What you are asked to do -> Start at the line with "(block : BeaconBlock) × (rpc.get_block" in the records below, stop at the line with "(block : BeaconBlock) × (r : Node)", and return every line in that span exactly, the two end lines included.

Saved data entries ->
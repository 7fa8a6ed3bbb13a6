-- ===== src/Tests/Common.antt =====
-- The theorems on common/src at concrete inputs.
use forcerelay_verifier.Prelude.{◌≡◌, refl, none, some, ok, err, arith}
use forcerelay_verifier.Common.{number}
use forcerelay_verifier.Common.Numbers.{codes, to_text, from_str_radix}
use forcerelay_verifier.Common.Tags.{display, deserialize, custom}
use forcerelay_verifier.Common.Tags.RoundTrip.{deserialize-display}
use forcerelay_verifier.Prelude.{bytes_eq, [], ◌∷◌, panic}
use forcerelay_verifier.Common.Errors.{block_not_found_text, rpc_error_text}
use forcerelay_verifier.Execution.Rpc.Mock.{without_last}

prints : (to_text 10 17034870 ≡ codes "17034870") × (to_text 16 17034870 ≡ codes "103ee76")
unfolding to_text
prints = (refl, refl)

-- A sign is read, a number that does not fit and a text with no digits are not.
reads :
    (from_str_radix 16 (codes "+fF") ≡ some 255)
    × (from_str_radix 10 (codes "18446744073709551616") ≡ none)
    × (from_str_radix 10 (codes "+") ≡ none)
    × (deserialize (ok (codes "0x")) ≡ err custom)
unfolding from_str_radix deserialize bytes_eq
reads = (refl, refl, refl, refl)

deserialize-display_example : deserialize (ok (display (number 17034870))) ≡ ok (number 17034870)
deserialize-display_example = deserialize-display (number 17034870) (omega arith)

error_texts :
    (block_not_found_text (record { block = number 17 }) ≡ codes "block not available: 17")
    × (rpc_error_text (λ e. e) (record { method = codes "get_code"; error = codes "timeout" })
        ≡ codes "rpc error on method: get_code, message: timeout")
unfolding block_not_found_text rpc_error_text to_text
error_texts = (refl, refl)

-- The line feed goes, and half a character is a panic.
strips_the_last :
    (without_last (codes "0x60\n") ≡ ok (codes "0x60"))
    × (without_last [] ≡ panic)
    × (without_last (0x61 ∷ 0xc3 ∷ 0xa9 ∷ []) ≡ panic)
unfolding without_last
strips_the_last = (refl, refl, refl)
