-- ===== src/Tests/Config.antt =====
-- The theorems on config/src, on the mainnet.
use forcerelay_verifier.Prelude.{
  ℕ, ◌≡◌, refl, sym, List, [], ◌∷◌, map, Option, none, some, true, false, Bool-cases, inl, inr,
  bytes_eq, bytes_eq→eq, length, HashMap, hash_get, get_elem?, ok, some-injective, ltb,
  if◌then◌else◌,
}
use forcerelay_verifier.Common.{Bytes, Text}
use forcerelay_verifier.Config.Checkpoints.{
  Slot, RawSlotResponse, CheckpointFallbackService, service_slot, rooted_slots, count_roots,
  increment, roots_at, find_rooted, most_common, most_voted, query_service, construct_url,
  fetch_latest_checkpoint_from_services,
}
use forcerelay_verifier.Config.Checkpoints.Votes.{
  IsIteration, IsMostVoted, latest_roots, fetch_latest_checkpoint-IsMostVoted,
}
use forcerelay_verifier.Config.Types.{Config, fork_version}
use forcerelay_verifier.Prelude.{Outcome, err, leb}
use forcerelay_verifier.Common.Numbers.{codes}
use forcerelay_verifier.Config.CommandLine.{CliConfig}
use forcerelay_verifier.Config.Loading.{
  Provider, base, FigmentError, missing_field, other_kind, dashed, report, from_file,
}
use forcerelay_verifier.Config.Forks.{IsSchedule}
use forcerelay_verifier.Config.Networks.{
  mainnet_network, mainnet, to_base_config, networks-IsSchedule,
}

abbrev mainnet_config : Config
mainnet_config = record {
  consensus_rpc = [];
  execution_rpc = [];
  rpc_bind_ip = none;
  rpc_port = none;
  default_checkpoint = mainnet.default_checkpoint;
  checkpoint = none;
  data_dir = none;
  chain = mainnet.chain;
  forks = mainnet.forks;
  max_checkpoint_age = mainnet.max_checkpoint_age;
  fallback = none;
  load_external_fallback = false;
  strict_checkpoint_age = false;
}

-- a slot of the Capella fork
capella_slot : fork_version mainnet_config 6209536 ≡ 3 ∷ 0 ∷ 0 ∷ 0 ∷ []
unfolding fork_version
capella_slot = refl

mainnet-IsSchedule : IsSchedule mainnet.forks
unfolding to_base_config
mainnet-IsSchedule = networks-IsSchedule mainnet_network

abbrev slot_of : ℕ → Bytes → Slot
slot_of epoch block_root = record {
  slot = epoch;
  block_root = some block_root;
  state_root = none;
  epoch = epoch;
  time = record { start_time = []; end_time = [] };
}

-- A server with an endpoint of one byte answers for an epoch before the others.
abbrev query : Text → Option RawSlotResponse
query url = some (record {
  response_data = record {
    slots =
        (if ltb 29 (length url)
          then slot_of 8 (2 ∷ [])
          else if ltb 28 (length url)
          then slot_of 7 (3 ∷ [])
          else slot_of 8 (1 ∷ []))
        ∷ [];
  };
})

abbrev service : Text → CheckpointFallbackService
service endpoint = record {
  endpoint = endpoint;
  name = [];
  state = true;
  verification = true;
  health = [];
}

abbrev services : List CheckpointFallbackService
services = service (0 ∷ 0 ∷ []) ∷ service (0 ∷ []) ∷ service [] ∷ service (0 ∷ 0 ∷ 0 ∷ []) ∷ []

abbrev counts : HashMap ℕ
counts = (2 ∷ [], 2) ∷ (1 ∷ [], 1) ∷ []

counts-IsIteration : IsIteration counts counts
unfolding bytes_eq
counts-IsIteration = record { only = (refl, (refl, tt)); all = λ k n e. visit k n e }
  where
    visit :
        (k : Bytes) (n : ℕ)
        → hash_get k counts ≡ some n
        → (i : ℕ) × (get_elem? counts i ≡ some (k, n))
    visit k n e = elim (Bool-cases (bytes_eq k (2 ∷ []))) [
      | inl p ↦ (0, λ i. some (sym (bytes_eq→eq k (2 ∷ []) p) i, some-injective (rw p at e) i))
      | inr p ↦ elim (Bool-cases (bytes_eq k (1 ∷ []))) [
        | inl q ↦
            (1, λ i. some (sym (bytes_eq→eq k (1 ∷ []) q) i, some-injective (rw (p, q) at e) i))
        | inr q ↦ (let e' = rw (p, q) at e in cc)
      ]
    ]

fetches : fetch_latest_checkpoint_from_services query (λ m. m) services ≡ ok (2 ∷ [])
unfolding fetch_latest_checkpoint_from_services service_slot query_service construct_url find_rooted
    rooted_slots most_common roots_at count_roots increment most_voted bytes_eq
fetches = refl

counted :
    count_roots (latest_roots (rooted_slots (map (service_slot query (λ m. m)) services))) []
    ≡ counts
unfolding service_slot query_service construct_url find_rooted rooted_slots roots_at count_roots
    increment bytes_eq
counted = refl

fetch_latest_checkpoint-IsMostVoted_example :
    IsMostVoted (2 ∷ []) (latest_roots (rooted_slots (map (service_slot query (λ m. m)) services)))
fetch_latest_checkpoint-IsMostVoted_example =
    fetch_latest_checkpoint-IsMostVoted query (λ m. m) services (rw counted counts-IsIteration)
      fetches

-- A network that is not known has the default base configuration, and figment reads that first.
abbrev seen : List Provider → Text → Outcome FigmentError Config
seen (base config profile ∷ rest) network =
    if leb 1 config.rpc_port then ok mainnet_config else err (missing_field (codes "execution_rpc"))
seen providers network = err (other_kind [])

abbrev options : CliConfig
options = record {
  execution_rpc = none;
  consensus_rpc = none;
  checkpoint = none;
  rpc_bind_ip = none;
  rpc_port = none;
  data_dir = codes "data";
  fallback = none;
  load_external_fallback = false;
  strict_checkpoint_age = false;
}

loads_mainnet :
    from_file seen (λ b. b) (λ ip. []) some (codes "helios.toml") (codes "mainnet") options
    ≡ ok mainnet_config
unfolding from_file bytes_eq
loads_mainnet = refl

names_the_argument :
    from_file seen (λ b. b) (λ ip. []) some (codes "helios.toml") (codes "sepolia") options
    ≡ err (report (missing_field (codes "execution_rpc")))
unfolding from_file bytes_eq
names_the_argument = refl

dashes : dashed (codes "execution_rpc") ≡ codes "execution-rpc"
dashes = refl
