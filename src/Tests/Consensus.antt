-- ===== src/Tests/Consensus.antt =====
-- The theorems on the light client at the inputs of `Tests/Light.antt`.
use forcerelay_verifier.Prelude.{
  ◌≡◌, ◌⊎◌, ◌↔◌, refl, map, ◌-◌, true, false, some, [], ◌∷◌, arith, ok,
}
use forcerelay_verifier.Consensus.Types.{SyncCommittee, Bootstrap, from_update}
use forcerelay_verifier.Consensus.Blocks.{BeaconBlock, execution_payload, fields}
use forcerelay_verifier.Common.{Node, bytes32_to_node, slice_to}
use forcerelay_verifier.Prelude.{bytes_eq}
use forcerelay_verifier.Consensus.Utils.{
  is_current_committee_proof_valid, branch_to_nodes, get_bits, calc_sync_period,
}
use forcerelay_verifier.Consensus.State.{
  ConsensusClient, is_valid_checkpoint, expected_current_slot, safety_threshold, age,
}
use forcerelay_verifier.Consensus.Verify.{
  verify_generic_update, is_valid_time, is_valid_period, is_relevant, check_finality_proof,
  check_next_committee_proof, check_signature,
}
use forcerelay_verifier.Consensus.Verify.Spec.{IsAcceptable, verify_generic_update_iff}
use forcerelay_verifier.Consensus.Verify.Branches.{from_update-HasBranches}
use forcerelay_verifier.Consensus.Apply.{apply_generic_update}
use forcerelay_verifier.Consensus.Apply.Quorum.{
  IsFinalizedBy, IsAttestedBy, apply_generic_update-quorum,
}
use forcerelay_verifier.Consensus.Safety.{verified_update_applies}
use forcerelay_verifier.Consensus.Bootstrap.{check_bootstrap, initial_store}
use forcerelay_verifier.Consensus.Bootstrap.Spec.{PrintsHex, check_bootstrap_sound}
use forcerelay_verifier.Consensus.Sync.{sync, advance}
use forcerelay_verifier.Consensus.Sync.Progress.{advance_progresses}
use forcerelay_verifier.Prelude.{◌≤◌}
use forcerelay_verifier.Consensus.Types.{from_finality_update}
use forcerelay_verifier.Consensus.Apply.{has_majority}
use forcerelay_verifier.Consensus.Sync.Slots.{IsAhead, advance-IsAhead}
use forcerelay_verifier.Consensus.Payloads.{get_payloads, descending, get_execution_payload}
use forcerelay_verifier.Consensus.Payloads.Chain.{
  IsChain, IsStoreRoot, get_payloads-IsChain, get_payloads_complete, payload_of,
  get_execution_payload_sound,
}
use forcerelay_verifier.Consensus.Trust.{IsAuthentic, trusted_committee, trusted_header}
use forcerelay_verifier.Consensus.Trust.Invariant.{apply_generic_update-IsAuthentic}
use forcerelay_verifier.Consensus.Trust.Sync.{advance-IsAuthentic, sync-IsAuthentic}
use forcerelay_verifier.Tests.Light.{
  toy, header_at, config, client, update, now, verifies, updated, applies, root, block_at, rpc,
  fresh_client, newest_update, newest_verifies, newest_applies,
}

fresh_client-IsAuthentic : IsAuthentic config root fresh_client
unfolding initial_store
fresh_client-IsAuthentic = record {
  same_config = refl;
  current = trusted_committee refl;
  next = λ c e. cc;
  finalized = trusted_header;
  optimistic = trusted_header;
}

sync-IsAuthentic_example :
    ((sync rpc (λ i. now) client).1 ≡ client)
    ⊎ ((b : Bootstrap) × (rpc.get_bootstrap client.initial_checkpoint ≡ ok b)
        × (check_bootstrap now b client ≡ ok tt)
        × IsAuthentic client.config b (sync rpc (λ i. now) client).1)
sync-IsAuthentic_example = sync-IsAuthentic rpc (λ i. now) client

advance-IsAuthentic_example : IsAuthentic config root (advance rpc (λ i. now) fresh_client).1
advance-IsAuthentic_example =
    advance-IsAuthentic config root rpc (λ i. now) fresh_client fresh_client-IsAuthentic

-- `client` from a bootstrap at its own finalized header, but for the optimistic header
abbrev restarted : ConsensusClient
restarted = record client { store = record client.store { optimistic_header = header_at 64 } }

restarted-IsAuthentic : IsAuthentic config root restarted
restarted-IsAuthentic = record {
  same_config = refl;
  current = trusted_committee refl;
  next = λ c e. cc;
  finalized = trusted_header;
  optimistic = trusted_header;
}

verify_generic_update_iff_example :
    (verify_generic_update client now (from_update update) ≡ ok tt)
    ↔ ((c : SyncCommittee) × IsAcceptable client now (from_update update) c)
verify_generic_update_iff_example = verify_generic_update_iff client now (from_update update)

verified_update_applies_example :
    (d : ConsensusClient) × (apply_generic_update now now (from_update update) client ≡ ok d)
verified_update_applies_example =
    verified_update_applies client now now now now (from_update update) verifies (omega arith)
      (omega arith) (omega arith) (omega arith) (omega arith) (λ d h. refl)

apply_generic_update-quorum_example :
    ((header_at 96 ≡ header_at 64)
      ⊎ IsFinalizedBy (from_update update) (header_at 64) (header_at 96))
    × ((header_at 160 ≡ header_at 70)
        ⊎ IsAttestedBy (from_update update) client.store (header_at 160)
        ⊎ ((header_at 160 ≡ header_at 96)
            × IsFinalizedBy (from_update update) (header_at 64) (header_at 96)))
apply_generic_update-quorum_example =
    apply_generic_update-quorum (from_update update) now now client {d = updated} applies

advance-IsAhead_example : IsAhead client (advance rpc (λ i. now) client).1
advance-IsAhead_example = advance-IsAhead rpc (λ i. now) client (omega arith)

pub toy-PrintsHex : PrintsHex toy
toy-PrintsHex = record { node = λ n. refl; injective = λ a b e. e }

checks : check_bootstrap now root client ≡ ok tt
unfolding check_bootstrap is_valid_checkpoint is_current_committee_proof_valid bytes32_to_node
    branch_to_nodes bytes_eq
checks = refl

check_bootstrap_sound_example :
    (toy.header_root root.header ≡ some client.initial_checkpoint)
    × (is_current_committee_proof_valid root.header root.current_sync_committee
          root.current_sync_committee_branch
        ≡ ok true)
    × ((is_valid_checkpoint config 64 now ≡ ok true) ⊎ (◌≡◌ config.strict_checkpoint_age false))
check_bootstrap_sound_example = check_bootstrap_sound toy-PrintsHex now root client checks

backfilled :
    get_payloads rpc 66 70
    ≡ ok (
        execution_payload (block_at 69).body
        ∷ execution_payload (block_at 68).body
        ∷ execution_payload (block_at 67).body
        ∷ execution_payload (block_at 66).body
        ∷ [])
unfolding get_payloads bytes_eq
backfilled = refl

get_payloads-IsChain_example :
    (block : BeaconBlock) × (rpc.get_block 70 ≡ ok block)
    × IsChain (fields (execution_payload block.body)).parent_hash (
        execution_payload (block_at 69).body
        ∷ execution_payload (block_at 68).body
        ∷ execution_payload (block_at 67).body
        ∷ execution_payload (block_at 66).body
        ∷ [])
get_payloads-IsChain_example = get_payloads-IsChain rpc 66 70 backfilled

get_payloads_complete_example :
    get_payloads rpc 66 70 ≡ ok (map (payload_of rpc block_at) (descending (70 - 66) 66))
unfolding get_payloads descending
get_payloads_complete_example =
    get_payloads_complete rpc block_at 66 70 (λ slot. refl) (refl, (refl, (refl, (refl, tt))))

payload_64 : get_execution_payload rpc (some 64) client ≡ ok (execution_payload (block_at 64).body)
unfolding get_execution_payload bytes_eq
payload_64 = refl

get_execution_payload_sound_example :
    (block : BeaconBlock) × (r : Node) × (rpc.get_block 64 ≡ ok block)
    × (execution_payload (block_at 64).body ≡ execution_payload block.body)
    × (toy.block_root block ≡ some r)
    × IsStoreRoot rpc client 64 r
get_execution_payload_sound_example = get_execution_payload_sound rpc client 64 payload_64

restarted_verifies : verify_generic_update restarted now (from_update update) ≡ ok tt
unfolding verify_generic_update get_bits from_update expected_current_slot is_valid_time
    is_valid_period calc_sync_period is_relevant check_finality_proof bytes32_to_node
    branch_to_nodes check_next_committee_proof check_signature slice_to bytes_eq
restarted_verifies = refl

restarted_applies : apply_generic_update now now (from_update update) restarted ≡ ok updated
unfolding apply_generic_update get_bits from_update safety_threshold age calc_sync_period
restarted_applies = refl

apply_generic_update-IsAuthentic_example : IsAuthentic config root updated
apply_generic_update-IsAuthentic_example =
    apply_generic_update-IsAuthentic config root restarted now now now (from_update update)
      restarted-IsAuthentic (from_update-HasBranches update) restarted_verifies restarted_applies

advance_progresses_example : 128 ≤ (advance rpc (λ i. now) updated).1.store.finalized_header.slot
unfolding from_finality_update has_majority get_bits
advance_progresses_example =
    advance_progresses rpc (λ i. now) updated newest_update refl newest_verifies newest_applies refl
      (omega arith)
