-- ===== src/Tests/Execution.antt =====
-- The theorems on execution/src: on the paths of the tests of proof.rs, and on the toy RPC.
use forcerelay_verifier.Prelude.{
  ℕ, ◌≤◌, ◌≡◌, ◌⊎◌, refl, All, lookup, replicate, some, none, List, [], ◌∷◌, ok, true, arith,
}
use forcerelay_verifier.Common.{Bytes}
use forcerelay_verifier.Execution.Proof.{skip_length}
use forcerelay_verifier.Consensus.Blocks.{ExecutionPayload, fields}
use forcerelay_verifier.Execution.Client.{contains, contains_receipt}
use forcerelay_verifier.Execution.Client.Accounts.{IsProvenAccount, get_account_sound}
use forcerelay_verifier.Execution.Client.Receipts.{
  IsReceiptsOf, get_transaction_sound, get_transaction_receipt_sound,
}
use forcerelay_verifier.Execution.Client.Logs.{IsProven, get_logs_sound}
use forcerelay_verifier.Execution.Proof.Spec.{Proves}
use forcerelay_verifier.Execution.Proof.Completeness.{verify_proof_iff}
use forcerelay_verifier.Execution.Proof.{verify_proof}
use forcerelay_verifier.Prelude.{◌↔◌}
use forcerelay_verifier.Execution.Evm.{TransactResult, call_out}
use forcerelay_verifier.Prelude.{◌+◌, length}
use forcerelay_verifier.Execution.Types.{FeeHistory}
use forcerelay_verifier.Execution.Client.Fees.{get_fee_history}
use forcerelay_verifier.Execution.Client.Fees.History.{
  get_fee_history_sound, get_fee_history_length,
}
use forcerelay_verifier.Execution.Evm.Sound.{IsProvenRun, call_sound}
use forcerelay_verifier.Tests.Ledger.{
  evm, db, opts, calls, toy-counted, two_nodes, toy, rpc, address, payload, payloads, account, tx,
  tx_hash, receipt, gets_account, gets_transaction, gets_receipt, gets_logs,
}
use forcerelay_verifier.Execution.Proof.Nibbles.{nibbles}

abbrev key : Bytes
key = 0x12 ∷ 0x13 ∷ 0x14 ∷ 0x6f ∷ 0x6c ∷ 0x64 ∷ 0x21 ∷ []

-- a path with an odd flag
abbrev odd_path : Bytes
odd_path = 0x14 ∷ 0x6f ∷ 0x6c ∷ 0x64 ∷ 0x11 ∷ []

skip_length-odd_path : skip_length odd_path ≡ ok 1
unfolding skip_length
skip_length-odd_path = refl

get_account_sound_example : IsProvenAccount rpc address payload account
get_account_sound_example =
    get_account_sound rpc address (some (replicate 32 9 ∷ [])) payload account refl gets_account

get_transaction_sound_example :
    (block_number : ℕ) × (found : ExecutionPayload) × (rpc.get_transaction tx_hash ≡ ok (some tx))
    × (some tx.0 ≡ some block_number)
    × (lookup block_number payloads ≡ some found)
    × (contains tx.1 (fields found).transactions ≡ true)
get_transaction_sound_example = get_transaction_sound rpc tx_hash payloads tx gets_transaction

get_transaction_receipt_sound_example :
    (block_number : ℕ) × (found : ExecutionPayload) × (receipts : List (ℕ × List (Bytes × ℕ)))
    × (rpc.get_transaction_receipt tx_hash ≡ ok (some receipt))
    × (some receipt.0 ≡ some block_number)
    × (lookup block_number payloads ≡ some found)
    × IsReceiptsOf rpc found receipts
    × (contains_receipt rpc receipt receipts ≡ true)
get_transaction_receipt_sound_example =
    get_transaction_receipt_sound rpc tx_hash payloads receipt gets_receipt

get_logs_sound_example : (1 ≤ 5) × All (IsProven rpc payloads) ((tx_hash, 4) ∷ [])
get_logs_sound_example = get_logs_sound rpc (none, none) payloads ((tx_hash, 4) ∷ []) gets_logs

verify_proof_iff_example :
    (verify_proof two_nodes (replicate 32 35) (replicate 32 20) (5 ∷ []) ≡ ok true)
    ↔ Proves (5 ∷ []) (replicate 32 35) (nibbles (replicate 32 20)) two_nodes
verify_proof_iff_example =
    verify_proof_iff (replicate 32 20) (5 ∷ []) (omega arith) toy-counted two_nodes
      (replicate 32 35)

call_sound_example :
    (result : TransactResult) × IsProvenRun evm rpc 1 db refl opts result
    × ((result.exit_reason ≡ evm.return_return) ⊎ (result.exit_reason ≡ evm.return_stop))
    × (result.out ≡ call_out (5 ∷ []))
call_sound_example = call_sound evm rpc 1 db refl opts calls

abbrev history : FeeHistory
history = record {
  base_fee_per_gas = 7 ∷ [];
  gas_used_ratio = 0 ∷ [];
  oldest_block = 7;
  reward = [] ∷ [];
}

gets_history : get_fee_history 3 9 [] payloads ≡ ok (some history)
unfolding get_fee_history
gets_history = refl

get_fee_history_sound_example :
    (found : ExecutionPayload) × (lookup (7 + 0) payloads ≡ some found)
    × (7 ≡ (fields found).base_fee_per_gas)
get_fee_history_sound_example = get_fee_history_sound payloads 3 9 [] 0 gets_history refl

get_fee_history_length_example : length history.base_fee_per_gas ≡ 1
get_fee_history_length_example =
    get_fee_history_length payloads 3 9 [] (7, payload) (7, payload) refl refl (omega arith)
      (omega arith) (omega arith) gets_history

-- With more blocks asked for than there are below the last one, no block is reported.
wraps :
    get_fee_history 8 7 [] payloads
    ≡ ok (
        some (record {
          base_fee_per_gas = [];
          gas_used_ratio = [];
          oldest_block = 0xffffffffffffffff;
          reward = [] ∷ [];
        }))
unfolding get_fee_history
wraps = refl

The completed task ->
    (block : BeaconBlock) × (rpc.get_block 70 ≡ ok block)
    × IsChain (fields (execution_payload block.body)).parent_hash (
        execution_payload (block_at 69).body
        ∷ execution_payload (block_at 68).body
        ∷ execution_payload (block_at 67).body
        ∷ execution_payload (block_at 66).body
        ∷ [])
get_payloads-IsChain_example = get_payloads-IsChain rpc 66 70 backfilled

get_payloads_complete_example :
    get_payloads rpc 66 70 ≡ ok (map (payload_of rpc block_at) (descending (70 - 66) 66))
unfolding get_payloads descending
get_payloads_complete_example =
    get_payloads_complete rpc block_at 66 70 (λ slot. refl) (refl, (refl, (refl, (refl, tt))))

payload_64 : get_execution_payload rpc (some 64) client ≡ ok (execution_payload (block_at 64).body)
unfolding get_execution_payload bytes_eq
payload_64 = refl

get_execution_payload_sound_example :
    (block : BeaconBlock) × (r : Node) × (rpc.get_block 64 ≡ ok block)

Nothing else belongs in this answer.